I miei genitori, nell'anno 1929, dalla campagna si trasferirono nella cittadina di Alba per rilevare un albergo. Fra i tanti clienti, dal lunedì al sabato, si ospitavano gli agenti della ditta Olio Tomatis di Cortemilia. Già allora essi praticavano la vendita porta a porta. Alla sera, dopo aver fatto il giro in bicicletta presso le famiglie dei paesi vicini, rientravano per la cena ed il pernottamento.
Ascoltando i loro discorsi rimasi stupito delle vendite che riuscivano giornalmente a concludere.
A fine anno 1947, con mia moglie Corinna, conducevamo a mezzadria un piccolo negozio d'alimentari nella frazione di Mussotto d'Alba.
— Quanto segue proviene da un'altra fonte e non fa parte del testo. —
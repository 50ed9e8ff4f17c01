-- ===== src/Cbot/History.antt =====
-- The jobs over a whole history of reports of cBots.
use ctreader.Prelude.{ℕ, ◌≡◌, refl, List, [], ◌∷◌, ◌==◌, count}
use ctreader.Schema.{Db, TradeJob}
use ctreader.TradeJobs.State.Forward.{can_transition-forward}
use ctreader.TradeJobs.Lawful.{IsLawful, HasUniqueIds}
use ctreader.TradeJobs.Onward.{IsOnward, IsOnward-refl, IsOnward-trans}
use ctreader.TradeJobs.Report.{SubmitExecutionReportDto}
use ctreader.Cbot.{report}
use ctreader.Cbot.Reports.{report-IsLawful}

-- One call of `report`: when, by which instance, on which job, and what it says.
pub record ReportCall : Type 0 where
  pub now : ℕ
  pub report_id : ℕ
  pub instance_id : ℕ
  pub job_id : ℕ
  pub dto : SubmitExecutionReportDto

-- The database after calls one after the other, whether each returns or throws.
abbrev pub run_reports : List ReportCall → Db → Db
run_reports [] db = db
run_reports (c ∷ calls) db =
    run_reports calls (report c.now c.report_id c.instance_id c.job_id c.dto db).1

IsLawful-IsOnward : (xs ys : List TradeJob) → IsLawful xs ys → IsOnward xs ys
IsLawful-IsOnward [] [] h = tt
IsLawful-IsOnward [] (b ∷ ys) h = absurd h
IsLawful-IsOnward (a ∷ xs) [] h = absurd h
IsLawful-IsOnward (a ∷ xs) (b ∷ ys) (row, rows) = (
  record {
    same_id = row.same_id;
    same_user = row.same_user;
    further = can_transition-forward a.status b.status row.allowed;
  },
  IsLawful-IsOnward xs ys rows,
)

count-IsLawful :
    (xs ys : List TradeJob) (k : ℕ)
    → IsLawful xs ys
    → count (λ (j : TradeJob). j.id == k) ys ≡ count (λ (j : TradeJob). j.id == k) xs
unfolding count
count-IsLawful [] [] k h = refl
count-IsLawful [] (b ∷ ys) k h = absurd h
count-IsLawful (a ∷ xs) [] k h = absurd h
count-IsLawful (a ∷ xs) (b ∷ ys) k (row, rows) = rw (row.same_id, count-IsLawful xs ys k rows) refl

-- Over any history of reports, of any instances, on any jobs, in any order, whether they are
-- accepted or not, no job is lost or changes its user, and each job's status is what it was or of a
-- higher rank.
pub run_reports-IsOnward :
    (calls : List ReportCall) (db : Db)
    → HasUniqueIds db.jobs
    → IsOnward db.jobs (run_reports calls db).jobs
run_reports-IsOnward [] db unique = IsOnward-refl db.jobs
run_reports-IsOnward (c ∷ calls) db unique =
    let t = (report c.now c.report_id c.instance_id c.job_id c.dto db).1 in
    let step = report-IsLawful c.now c.report_id c.instance_id c.job_id c.dto db unique in
    IsOnward-trans db.jobs t.jobs (run_reports calls t).jobs (IsLawful-IsOnward db.jobs t.jobs step)
      (run_reports-IsOnward calls t (λ k. rw (count-IsLawful db.jobs t.jobs k step) (unique k)))
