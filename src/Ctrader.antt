-- ===== src/Ctrader.antt =====
-- src/ctrader/ctrader-execution.service.ts: the worker that executes jobs of the venue CTRADER on
-- the server. Its memory and the database are one state; a handler that cannot throw is a function
-- of it. The broker's answers, the clock and the worker's settings stand in `WorkerEnv`.
pub mod Lease
pub mod Orders
pub mod Messages
pub mod Stop
pub mod Start
pub mod Legs
pub mod Reversal
pub mod Onward
pub mod Events
pub mod Mock
use ctreader.Prelude.{
  ℕ, ◌+◌, suc, String, Bool, true, false, not, ◌&&◌, Option, none, some, List, [], ◌∷◌, ◌==◌, keep,
  find_first, update_many, if◌then◌else◌, Exec, ok, err,
}
use ctreader.Schema.{
  Db, TradeJob, ExecutionReport, ReportDetails, ReportSource, ctrader_open_api, ExecutionMode,
  TradeDirection,
}
use ctreader.TradeJobs.State.{
  TradeJobStatus, ExecutionPhase, armed, submitted, partially_filled, filled, managed,
}

-- The texts of the report keys, each for a job, with what else stands in them.
pub data ReportKey : Type 0 where
  armed_key closed_reconcile_key kill_switch_key expired_key user_close_key : ℕ → ReportKey
  recovered_key submitted_key error_key closed_key filled_key : ℕ → ℕ → ReportKey
  protection_error_key completed_key rejected_key : ℕ → ℕ → ReportKey
  user_cancel_key disconnect_key retry_key : ℕ → ℕ → ReportKey
  protection_key : ℕ → ℕ → ℕ → ReportKey

-- What the label of an order says behind the job's prefix: M, the side of a STRADDLE, the side and the
-- level of MULTI, the side and the number of an initial leg, or the revision, the side and the
-- number of a leg of the reversal.
pub data OrderLabel : Type 0 where
  market_label : OrderLabel
  side_label : TradeDirection → OrderLabel
  level_label initial_label : TradeDirection → ℕ → OrderLabel
  reversal_label : ℕ → TradeDirection → ℕ → OrderLabel

-- The payload of an order: a market order, or a stop order at a price; its stop loss and take profit
-- in points from where it is filled, and until when it stands, in time.
pub record OrderDraft : Type 0 where
  pub side : TradeDirection
  pub volume : ℕ
  pub stop_price : Option ℕ
  pub stop_loss_points : ℕ
  pub take_profit_points : ℕ
  pub expires_at : Option ℕ
  pub label : OrderLabel

-- What a worker asks the broker for.
pub data Request : Type 0 where
  new_order : (job_id order_id : ℕ) → OrderDraft → Request
  cancel_order : (order_id : ℕ) → Request
  close_position : (position_id volume : ℕ) → Request

-- One worker at one time: its id and the length of its leases, the clock, the number that stands
-- for the text of a key, which cancellations and closes the broker accepts, and the floating-point
-- arithmetic of prices and volumes: the rounded price so many points below or above another, and the
-- units of a volume in lots for a lot of a size, the lots of so many units; and the
-- size of a lot in the broker's details of a job's symbol.
pub record WorkerEnv : Type 0 where
  pub worker_id : ℕ
  pub lease_ms : ℕ
  pub now : ℕ
  pub text : ReportKey → ℕ
  pub cancels : ℕ → Bool
  pub closes : ℕ → Bool
  pub below : ℕ → ℕ → ℕ
  pub above : ℕ → ℕ → ℕ
  pub units : ℕ → ℕ → ℕ
  pub lots : ℕ → ℕ → ℕ
  pub symbol_lot : ℕ → Option ℕ

-- A connection that serves a job. Of its timers the one that places a market order, with its payload,
-- and the one that synchronises the protection of a NEWS_REVERSAL job are kept, and of its symbol's details the size of a lot, which is missing until they were asked for.
pub record Runtime : Type 0 where
  pub job_id : ℕ
  pub execution_mode : ExecutionMode
  pub buy_order_id : Option ℕ
  pub sell_order_id : Option ℕ
  pub order_ids : List ℕ
  pub open_positions : List ℕ
  pub filled : Bool
  pub halt_handled : Bool
  pub market_order : Option OrderDraft
  pub sync_pending : Bool
  pub lot_size : Option ℕ

-- The database, the worker's memory, the supply of ids for reports and legs, and what was sent to
-- the broker, the newest first.
pub record World : Type 0 where
  pub db : Db
  pub runtimes : List Runtime
  pub starting_jobs : List ℕ
  pub next_id : ℕ
  pub sent : List Request

-- `tradeJob.updateMany`.
unfoldable pub update_jobs : (TradeJob → Bool) → (TradeJob → TradeJob) → World → World
update_jobs p f w = record w { db = record w.db { jobs = update_many p f w.db.jobs } }

abbrev pub no_details : String → ReportDetails
no_details message = record {
  order_ticket = none;
  deal_ticket = none;
  retcode = none;
  message = some message;
  filled_volume = none;
  latency_ms = none;
}

unfoldable pub worker_row :
    WorkerEnv → ReportSource → ℕ → ReportKey → ℕ → ExecutionPhase → ReportDetails → ExecutionReport
worker_row env source id key job_id phase details = record {
  id = id;
  job_id = job_id;
  source = source;
  report_key = env.text key;
  phase = phase;
  occurred_at = env.now;
  details = details;
}

-- `report`: the upsert of a row by its key, which leaves a row that is there.
unfoldable pub report : WorkerEnv → ReportKey → ℕ → ExecutionPhase → ReportDetails → World → World
unfolding worker_row
report env key job_id phase details w =
    elim (find_first (λ (r : ExecutionReport). r.report_key == env.text key) w.db.reports) [
      | some r ↦ w
      | none ↦ record w {
        db = record w.db {
          reports =
              worker_row env ctrader_open_api w.next_id key job_id phase details ∷ w.db.reports;
        };
        next_id = suc w.next_id;
      }
    ]

unfoldable pub runtime_of : ℕ → World → Option Runtime
runtime_of job_id w = find_first (λ (r : Runtime). r.job_id == job_id) w.runtimes

-- `runtimes.delete`.
unfoldable pub forget : ℕ → World → World
forget job_id w = record w {
  runtimes = keep (λ (r : Runtime). not (r.job_id == job_id)) w.runtimes;
}

-- The runtime of a job is changed in place.
unfoldable pub update_runtime : ℕ → (Runtime → Runtime) → World → World
update_runtime job_id f w = record w {
  runtimes = update_many (λ (r : Runtime). r.job_id == job_id) f w.runtimes;
}

unfoldable pub awaiting_sync : Runtime → Runtime
awaiting_sync r = record r { sync_pending = true }

-- `scheduleProtectionSync`: the timer is set, anew if it was running.
unfoldable pub schedule_protection_sync : ℕ → World → World
unfolding update_runtime awaiting_sync
schedule_protection_sync job_id w = update_runtime job_id awaiting_sync w

-- `finish`: the connection is closed, and the job forgotten.
unfoldable pub finish : ℕ → World → World
finish job_id w = forget job_id w

-- `cancel`, with its failure ignored: the request is sent either way.
unfoldable pub cancel : ℕ → World → World
cancel order_id w = record w { sent = cancel_order order_id ∷ w.sent }

-- `for (const orderId of runtime.orderIds) await this.cancel(runtime, orderId)`.
unfoldable pub cancel_all : List ℕ → World → World
cancel_all [] w = w
cancel_all (order_id ∷ order_ids) w = cancel_all order_ids (cancel order_id w)

-- The statuses of a job that a worker holds, and of one that is not filled.
abbrev pub held_statuses : List TradeJobStatus
held_statuses = armed ∷ submitted ∷ filled ∷ partially_filled ∷ managed ∷ []

abbrev pub unfilled_statuses : List TradeJobStatus
unfilled_statuses = armed ∷ submitted ∷ []
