-- ===== src/Auth.antt =====
-- kinappserver/models/push_auth_token.py: the token that a client proves its push channel with.
-- A token is an opaque number; `uuid` arguments stand for what `uuid4()` returns. Times are in
-- microseconds.
pub mod Scan
pub mod Ack
mod Tests
use kin_app_server.Common.{
  ℕ, ◌+◌, ◌*◌, ◌-◌, Bool, true, false, not, ◌&&◌, ◌||◌, Option, none, some, List, [], ◌∷◌, ltb, leb,
  ◌==◌, if◌then◌else◌,
}
use kin_app_server.Common.Table.{count_rows, first_row, update_first, update_rows}
use kin_app_server.Action.{
  Action, Result, ok, err, uncaught, ◌>>=◌, ◌>>◌, pure, raise, gets, modify, try_except,
}

pub record PushAuthToken : Type 0 where
  pub user_id : ℕ
  pub authenticated : Bool
  pub send_date : Option ℕ
  pub ack_date : Option ℕ
  pub auth_token : ℕ

-- The table, and the users that its foreign key may name.
pub record Tokens : Type 0 where
  pub rows : List PushAuthToken
  pub users : List ℕ

pub record AuthConfig : Type 0 where
  pub auth_token_enabled : Bool
  pub auth_token_send_interval_days : ℕ

abbrev pub second : ℕ
second = 1000000

abbrev pub of_user : ℕ → PushAuthToken → Bool
of_user user_id t = t.user_id == user_id

-- Writes the user's row back as `f` leaves it.
abbrev pub save : ℕ → (PushAuthToken → PushAuthToken) → Tokens → Tokens
save user_id f s = record s { rows = update_first (of_user user_id) f s.rows }

abbrev pub new_token : ℕ → ℕ → PushAuthToken
new_token user_id uuid = record {
  user_id = user_id;
  authenticated = false;
  send_date = none;
  ack_date = none;
  auth_token = uuid;
}

-- None where the insert fails: an unknown user, or a token that another row has.
unfoldable pub create_token : ℕ → ℕ → Action Tokens (Option PushAuthToken)
create_token user_id uuid s =
    if (count_rows (λ u. u == user_id) s.users == 0)
      || ltb 0 (count_rows (λ t. t.auth_token == uuid) s.rows)
    then (ok none, s)
    else (ok (some (new_token user_id uuid)), record s { rows = new_token user_id uuid ∷ s.rows })

-- `get_token_obj_by_user_id`, which makes a missing row
unfoldable pub get_token_obj_by_user_id : ℕ → ℕ → Action Tokens (Option PushAuthToken)
unfolding create_token
get_token_obj_by_user_id user_id uuid s = elim (first_row (of_user user_id) s.rows) [
  | none ↦ create_token user_id uuid s
  | some t ↦ (ok (some t), s)
]

-- Reading or writing a field of the row: of None that raises.
unfoldable pub token_row : ℕ → ℕ → Action Tokens PushAuthToken
unfolding get_token_obj_by_user_id
token_row user_id uuid = do
  t ← get_token_obj_by_user_id user_id uuid
  elim t [ none ↦ raise uncaught | some r ↦ pure r ]

unfoldable pub refresh_token : ℕ → ℕ → ℕ → Action Tokens (Unit {0})
unfolding token_row
refresh_token user_id uuid fresh = do
  token_row user_id uuid
  modify (save user_id (λ t. record t { auth_token = fresh }))

unfoldable pub set_send_date : ℕ → ℕ → ℕ → Action Tokens Bool
unfolding token_row
set_send_date user_id uuid now = do
  token_row user_id uuid
  modify (save user_id (λ t. record t { send_date = some now }))
  pure true

unfoldable pub set_ack_date : ℕ → ℕ → ℕ → Action Tokens (Unit {0})
unfolding token_row
set_ack_date user_id uuid now = do
  token_row user_id uuid
  modify (save user_id (λ t. record t { ack_date = some now; authenticated = true }))

-- A wrong token falls off the end: None, which the endpoint reads as False. What raises is
-- answered False too, except that the handler itself reads the variable that was not set.
unfoldable pub ack_auth_token : ℕ → ℕ → ℕ → ℕ → Action Tokens Bool
unfolding token_row set_ack_date
ack_auth_token user_id uuid token now = do
  t ← token_row user_id uuid
  if t.auth_token == token then set_ack_date user_id uuid now >> pure true else pure false

unfoldable pub is_user_authenticated : ℕ → ℕ → Action Tokens Bool
unfolding token_row
is_user_authenticated user_id uuid = do t ← token_row user_id uuid; pure t.authenticated

unfoldable pub validate_auth_token : ℕ → ℕ → ℕ → Action Tokens Bool
unfolding token_row
validate_auth_token user_id uuid token = do t ← token_row user_id uuid; pure (t.auth_token == token)

-- more than the interval since the token was sent
abbrev pub is_old : AuthConfig → ℕ → ℕ → Bool
is_old c now sent = ltb (sent + 60 * 60 * 24 * c.auth_token_send_interval_days * second) now

unfoldable pub should_send_auth_token : AuthConfig → ℕ → ℕ → ℕ → ℕ → Action Tokens Bool
unfolding token_row refresh_token
should_send_auth_token c user_id uuid fresh now =
    if not c.auth_token_enabled then pure false else do
      t ← token_row user_id uuid
      elim t.send_date [
        | none ↦ pure true
        | some sent ↦
            if not t.authenticated
            then pure true
            else if is_old c now sent
            then refresh_token user_id uuid fresh >> pure true
            else pure false
      ]

-- `5 < sent_secs_ago < 10 and ack_secs_ago > 10`, over times in microseconds; a token whose dates
-- are null counts as sent now.
abbrev pub is_lapsed : ℕ → ℕ → ℕ → Bool
is_lapsed now sent ack =
    ltb (sent + 5 * second) now && ltb now (sent + 10 * second) && ltb (ack + 10 * second) now

abbrev pub date_or : ℕ → Option ℕ → ℕ
date_or now none = now
date_or now (some d) = d

-- The users that the scan picks. It reads `send_date` for both dates.
unfoldable pub lapsed_users : ℕ → List PushAuthToken → List ℕ
lapsed_users now [] = []
lapsed_users now (t ∷ ts) =
    let rest = lapsed_users now ts in
    let send_date = date_or now t.send_date in
    let ack_date = date_or now t.send_date in
    if t.authenticated && is_lapsed now send_date ack_date then t.user_id ∷ rest else rest

abbrev pub among : List ℕ → PushAuthToken → Bool
among [] t = false
among (u ∷ us) t = (t.user_id == u) || among us t

unfoldable pub deauth_users : List ℕ → Tokens → Tokens
deauth_users user_ids s = record s {
  rows = update_rows (among user_ids) (λ t. record t { authenticated = false }) s.rows;
}

unfoldable pub scan_for_deauthed_users : ℕ → Action Tokens Bool
unfolding lapsed_users deauth_users
scan_for_deauthed_users now s = (ok true, deauth_users (lapsed_users now s.rows) s)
Ripensando a quei discorsi sentiti tanti anni prima da quei signori che vendevano l'olio e disposto a rischiare tutto il poco che avevo, decisi di buttarmi.
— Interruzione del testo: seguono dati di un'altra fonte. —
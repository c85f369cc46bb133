-- ===== src/Auth/Ack.antt =====
-- Sending a token, acking it, and sending the next one.
use kin_app_server.Common.{
  ℕ, ◌≡◌, ◌≢◌, refl, true, some, arith, ◌==◌, inl, inr, Bool-cases, if◌then◌else◌,
}
use kin_app_server.Common.Table.{
  first_row, first_row-update_self, first_row-update_other, first_row-holds,
}
use kin_app_server.Action.{ok, after}
use kin_app_server.Auth.{
  PushAuthToken, Tokens, AuthConfig, of_user, save, is_old, token_row, set_send_date,
  ack_auth_token, set_ack_date, refresh_token, should_send_auth_token, is_user_authenticated,
  validate_auth_token,
}

module _ (user_id uuid : ℕ) where
  -- The user's row is the one that is found.
  abbrev pub HasRow : PushAuthToken → Tokens → Type 0
  HasRow t s = first_row (of_user user_id) s.rows ≡ some t

  token_row-found :
      (t : PushAuthToken) (s : Tokens) → HasRow t s → token_row user_id uuid s ≡ (ok t, s)
  unfolding token_row
  token_row-found t s row = ground (arith, row)

  -- Writing the row back keeps it the user's row.
  HasRow-save :
      (f : PushAuthToken → PushAuthToken) (t : PushAuthToken) (s : Tokens)
      → (f t).user_id ≡ t.user_id
      → HasRow t s
      → HasRow (f t) (save user_id f s)
  HasRow-save f t s same row =
      first_row-update_self (of_user user_id) f s.rows t
        (ground (arith, same, first_row-holds (of_user user_id) s.rows t row)) row

  -- An ack of the user's own token succeeds, marks the user as authenticated at that time and
  -- changes no other field of the row; any other token is answered False and changes nothing. No
  -- other user's row changes in either case.
  pub ack_auth_token_lem :
      (token now : ℕ) (t : PushAuthToken) (s : Tokens)
      → HasRow t s
      → ((ack_auth_token user_id uuid token now s).0 ≡ ok (t.auth_token == token))
        × HasRow
            (if t.auth_token == token
              then record t { authenticated = true; ack_date = some now }
              else t)
            (after (ack_auth_token user_id uuid token now) s)
        × ((other : ℕ)
            → other ≢ user_id
            → first_row (of_user other) (after (ack_auth_token user_id uuid token now) s).rows
              ≡ first_row (of_user other) s.rows)
  unfolding ack_auth_token set_ack_date
  ack_auth_token_lem token now t s row =
      let found = token_row-found t s row in
      let acked : PushAuthToken → PushAuthToken =
        λ r. record r { ack_date = some now; authenticated = true } in
      let saved = HasRow-save acked t s refl row in
      elim (Bool-cases (t.auth_token == token)) [
        | inr wrong ↦ (
          ground (arith, found, wrong),
          ground (arith, found, wrong, row),
          λ other ne. ground (arith, found, wrong),
        )
        | inl right ↦ (
          ground (arith, found, right),
          ground (arith, found, right, saved),
          λ other ne. ground (
            arith,
            found,
            right,
            first_row-update_other (of_user other) (of_user user_id) acked s.rows
                (λ a own. (ground (arith, own), ground (arith, own))),
          ),
        )
      ]

  send_row :
      (now : ℕ) (t : PushAuthToken) (s : Tokens)
      → HasRow t s
      → HasRow (record t { send_date = some now }) (after (set_send_date user_id uuid now) s)
  unfolding set_send_date
  send_row now t s row = ground (
    arith,
    token_row-found t s row,
    HasRow-save (λ r. record r { send_date = some now }) t s refl row,
  )

  due : AuthConfig → ℕ → ℕ → ℕ → PushAuthToken → PushAuthToken
  due c fresh now sent t = if is_old c now sent then record t { auth_token = fresh } else t

  due_row :
      (c : AuthConfig) (fresh now sent : ℕ) (t : PushAuthToken) (s : Tokens)
      → c.auth_token_enabled ≡ true
      → t.send_date ≡ some sent
      → t.authenticated ≡ true
      → HasRow t s
      → ((should_send_auth_token c user_id uuid fresh now s).0 ≡ ok (is_old c now sent))
        × HasRow
            (due c fresh now sent t)
            (after (should_send_auth_token c user_id uuid fresh now) s)
  unfolding should_send_auth_token refresh_token due
  due_row c fresh now sent t s on sent_at auth row =
      let found = token_row-found t s row in
      let saved = HasRow-save (λ r. record r { auth_token = fresh }) t s refl row in
      elim (Bool-cases (is_old c now sent)) [
        | inr e ↦ (ground (arith, found, e), ground (arith, found, e, row))
        | inl e ↦ (ground (arith, found, e), ground (arith, found, e, saved))
      ]

  -- The state after the user's token is sent at one time and acked at another.
  abbrev pub sent_and_acked : ℕ → ℕ → PushAuthToken → Tokens → Tokens
  sent_and_acked sent acked t s =
      after (ack_auth_token user_id uuid t.auth_token acked)
        (after (set_send_date user_id uuid sent) s)

  -- With auth tokens enabled, a user whose token was sent and then acked is authenticated and is
  -- not sent another one before the interval since the sending has passed. After that a push is
  -- due, and the token is replaced: the old one validates no longer, unless the new one is equal.
  pub push_cycle :
      (c : AuthConfig) (fresh sent acked now : ℕ) (t : PushAuthToken) (s : Tokens)
      → c.auth_token_enabled ≡ true
      → HasRow t s
      → let u = sent_and_acked sent acked t s in
        ((is_user_authenticated user_id uuid u).0 ≡ ok true)
        × ((should_send_auth_token c user_id uuid fresh now u).0 ≡ ok (is_old c now sent))
        × ((validate_auth_token user_id uuid t.auth_token
              (after (should_send_auth_token c user_id uuid fresh now) u)).0
            ≡ ok (if is_old c now sent then fresh == t.auth_token else true))
  unfolding is_user_authenticated validate_auth_token due
  push_cycle c fresh sent acked now t s on row =
      let sent_t : PushAuthToken = record t { send_date = some sent } in
      let s1 : Tokens = after (set_send_date user_id uuid sent) s in
      let (_, acked_row, _) =
        ack_auth_token_lem t.auth_token acked sent_t s1 (send_row sent t s row) in
      let final : PushAuthToken = record sent_t { authenticated = true; ack_date = some acked } in
      let u : Tokens = sent_and_acked sent acked t s in
      let own : HasRow final u = ground (arith, acked_row) in
      let (push, next_row) = due_row c fresh now sent final u on refl refl own in
      let v : Tokens = after (should_send_auth_token c user_id uuid fresh now) u in
      (
        ground (arith, token_row-found final u own),
        push,
        ground (arith, token_row-found (due c fresh now sent final) v next_row),
      )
L'inizio dell'attività fu difficile; in una camera di 16 mq circa in Corso Langhe n. 49 ad Alba, metà adibita a ufficio e metà a magazzino. Successivamente ci trasferimmo in frazione Ricca di Diano d'Alba, in una vecchia casa, ma con più spazio.
Nei terreni circostanti alla casa, nel 1970, costruimmo la sede ed il magazzino, completamente ristrutturati negli ultimi anni.
I primi clienti vennero serviti con bottiglioni d'olio da due litri poi consegnati con la bicicletta, mentre per le damigiane da 7 e 12 litri si usava un triciclo a pedale.
Le prime vendite consistenti le feci a Mango; passai nelle famiglie del paese e delle borgate limitrofe accompagnato da un residente influente di mia conoscenza, portandomi dietro una damigiana d'olio da 35 litri e lasciando un litro per famiglia come assaggio.
Dopo un breve periodo grazie a quella rudimentale campagna promozionale racimolai una cinquantina d'ordinazioni!
Non posso dimenticare l'aiuto avuto dai miei fratelli Edoardo e in particolare Marino, poi diventato mio socio.
A metà anni Settanta, quando l'azienda era già avviata e continuava a crescere con ritmi a due cifre, arrivarono a servizio nuove forze e nuove idee: i miei figli Pierluigi e Roberto. Credo che la cosa più saggia e più bella che ho fatto nella mia vita, sia stata quella di aver dato loro fiducia e di aver loro passato nel 1978 il timone dell'azienda.